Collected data
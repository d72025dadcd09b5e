-- ===== src/StatusTransitions/Tests.antt =====
-- The default transitions of a status are replaced.
use procare_backend.Common.{Uuid, true, false, none, some, [], ◌∷◌}
use procare_backend.Common.Result.{Result, ok, err}
use procare_backend.Branches.{mother_branch_id}
use procare_backend.Database.{open_type, RepairOrderStatus, Db}
use procare_backend.StatusTransitions.{transition, create}

abbrev status : Uuid → RepairOrderStatus
status id = record {
  id = id;
  branch_id = mother_branch_id;
  type = some open_type;
  is_active = true;
  is_protected = false;
  is_open = true;
  sort = id;
}

abbrev db : Db
db = record {
  branch_tables = record { branches = []; admin_branches = [] };
  roles = [];
  statuses = status 10 ∷ status 11 ∷ status 12 ∷ [];
  permissions = [];
  transitions = transition 10 none 12 ∷ transition 11 none 12 ∷ [];
  orders = [];
  rentals = [];
  service_forms = [];
  assignments = [];
  histories = [];
  reject_causes = [];
  admins = [];
}

abbrev after : Result Db → Db
after (ok d) = d
after (err e) = db

abbrev replaced : Db
replaced = after (create 10 (11 ∷ []) none db)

WHAT TO DO
Check every line above for the string "replaced" and copy those that have it.

RESPONSE TO THIS TASK
-- The default transitions of a status are replaced.
abbrev replaced : Db
replaced = after (create 10 (11 ∷ []) none db)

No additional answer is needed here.